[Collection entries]
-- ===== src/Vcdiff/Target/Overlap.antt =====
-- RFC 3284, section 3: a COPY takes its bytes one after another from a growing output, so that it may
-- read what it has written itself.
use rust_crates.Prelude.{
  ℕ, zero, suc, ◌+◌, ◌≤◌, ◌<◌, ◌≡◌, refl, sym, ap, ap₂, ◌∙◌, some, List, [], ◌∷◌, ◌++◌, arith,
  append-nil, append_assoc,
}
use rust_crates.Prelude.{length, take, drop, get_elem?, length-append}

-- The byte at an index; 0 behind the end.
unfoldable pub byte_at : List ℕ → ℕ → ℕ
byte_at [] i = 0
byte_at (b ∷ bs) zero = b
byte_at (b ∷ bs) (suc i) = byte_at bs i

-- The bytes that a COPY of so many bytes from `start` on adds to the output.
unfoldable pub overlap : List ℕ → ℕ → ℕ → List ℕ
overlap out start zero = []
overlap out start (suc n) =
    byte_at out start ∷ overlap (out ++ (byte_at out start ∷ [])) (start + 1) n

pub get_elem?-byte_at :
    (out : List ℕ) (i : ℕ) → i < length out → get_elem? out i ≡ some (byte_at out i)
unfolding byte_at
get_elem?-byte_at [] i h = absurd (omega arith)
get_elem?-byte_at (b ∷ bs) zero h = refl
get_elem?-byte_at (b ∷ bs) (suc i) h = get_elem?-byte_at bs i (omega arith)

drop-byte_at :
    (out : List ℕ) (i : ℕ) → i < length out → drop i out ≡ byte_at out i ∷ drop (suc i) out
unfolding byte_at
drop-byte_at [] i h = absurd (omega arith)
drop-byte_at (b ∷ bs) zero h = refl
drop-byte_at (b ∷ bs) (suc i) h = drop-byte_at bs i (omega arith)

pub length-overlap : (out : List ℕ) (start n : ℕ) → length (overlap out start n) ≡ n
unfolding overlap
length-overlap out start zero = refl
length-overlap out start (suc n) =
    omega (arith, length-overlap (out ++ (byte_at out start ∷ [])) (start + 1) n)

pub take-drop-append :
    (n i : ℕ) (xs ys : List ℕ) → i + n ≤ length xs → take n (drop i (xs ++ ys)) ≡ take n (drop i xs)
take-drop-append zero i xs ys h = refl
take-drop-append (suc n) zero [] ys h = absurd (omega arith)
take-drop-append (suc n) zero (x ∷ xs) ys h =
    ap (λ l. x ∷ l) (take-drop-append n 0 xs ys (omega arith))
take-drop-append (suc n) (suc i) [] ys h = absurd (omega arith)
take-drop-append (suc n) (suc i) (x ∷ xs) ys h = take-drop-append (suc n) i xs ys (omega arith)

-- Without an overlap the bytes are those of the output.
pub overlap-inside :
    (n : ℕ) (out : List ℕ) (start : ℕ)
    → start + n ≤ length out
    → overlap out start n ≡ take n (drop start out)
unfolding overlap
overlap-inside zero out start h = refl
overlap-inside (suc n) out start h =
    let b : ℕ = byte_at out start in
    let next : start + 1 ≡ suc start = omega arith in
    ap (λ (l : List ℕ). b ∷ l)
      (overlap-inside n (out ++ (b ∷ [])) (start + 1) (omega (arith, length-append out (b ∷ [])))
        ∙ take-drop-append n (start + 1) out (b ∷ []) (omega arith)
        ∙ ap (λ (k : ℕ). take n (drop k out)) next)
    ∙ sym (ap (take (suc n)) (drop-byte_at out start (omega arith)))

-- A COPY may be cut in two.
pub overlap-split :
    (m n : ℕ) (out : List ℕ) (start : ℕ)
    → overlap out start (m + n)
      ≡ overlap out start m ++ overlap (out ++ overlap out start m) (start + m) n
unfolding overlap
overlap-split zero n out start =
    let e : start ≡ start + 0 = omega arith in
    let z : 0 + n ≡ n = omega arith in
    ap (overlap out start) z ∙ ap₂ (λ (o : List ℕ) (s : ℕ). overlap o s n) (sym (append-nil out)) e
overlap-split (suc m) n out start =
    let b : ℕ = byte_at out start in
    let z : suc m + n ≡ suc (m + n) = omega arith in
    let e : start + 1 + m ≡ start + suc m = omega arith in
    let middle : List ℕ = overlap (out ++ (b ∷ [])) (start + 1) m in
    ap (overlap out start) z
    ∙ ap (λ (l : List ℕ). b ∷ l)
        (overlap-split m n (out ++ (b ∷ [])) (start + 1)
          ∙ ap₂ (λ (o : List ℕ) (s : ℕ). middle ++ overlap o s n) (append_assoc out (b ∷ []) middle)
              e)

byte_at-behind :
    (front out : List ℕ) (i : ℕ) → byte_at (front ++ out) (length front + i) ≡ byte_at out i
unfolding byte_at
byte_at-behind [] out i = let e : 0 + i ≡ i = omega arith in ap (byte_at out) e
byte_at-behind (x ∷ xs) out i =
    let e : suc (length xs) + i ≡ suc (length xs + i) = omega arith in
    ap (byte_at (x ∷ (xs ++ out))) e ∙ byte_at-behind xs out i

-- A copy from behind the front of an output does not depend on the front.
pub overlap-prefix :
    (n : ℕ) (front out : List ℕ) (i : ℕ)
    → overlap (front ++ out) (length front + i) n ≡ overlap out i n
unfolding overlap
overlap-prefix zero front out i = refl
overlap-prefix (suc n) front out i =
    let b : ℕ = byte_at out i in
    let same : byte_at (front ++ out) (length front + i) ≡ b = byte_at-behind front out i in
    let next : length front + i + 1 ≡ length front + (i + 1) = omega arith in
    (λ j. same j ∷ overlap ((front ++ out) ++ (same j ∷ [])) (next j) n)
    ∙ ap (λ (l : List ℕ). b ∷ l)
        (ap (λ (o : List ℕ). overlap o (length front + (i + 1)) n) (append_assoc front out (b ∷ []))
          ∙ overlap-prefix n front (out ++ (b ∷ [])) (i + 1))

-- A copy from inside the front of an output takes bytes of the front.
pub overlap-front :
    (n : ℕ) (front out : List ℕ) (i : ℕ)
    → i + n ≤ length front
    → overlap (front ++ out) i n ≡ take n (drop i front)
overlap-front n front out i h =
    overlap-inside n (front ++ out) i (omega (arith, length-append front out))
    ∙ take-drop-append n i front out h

▶ [How to complete this task]: Your answer should be a single number: how many lines in the data above include "absurd"?

▶ [Exercise response]: 4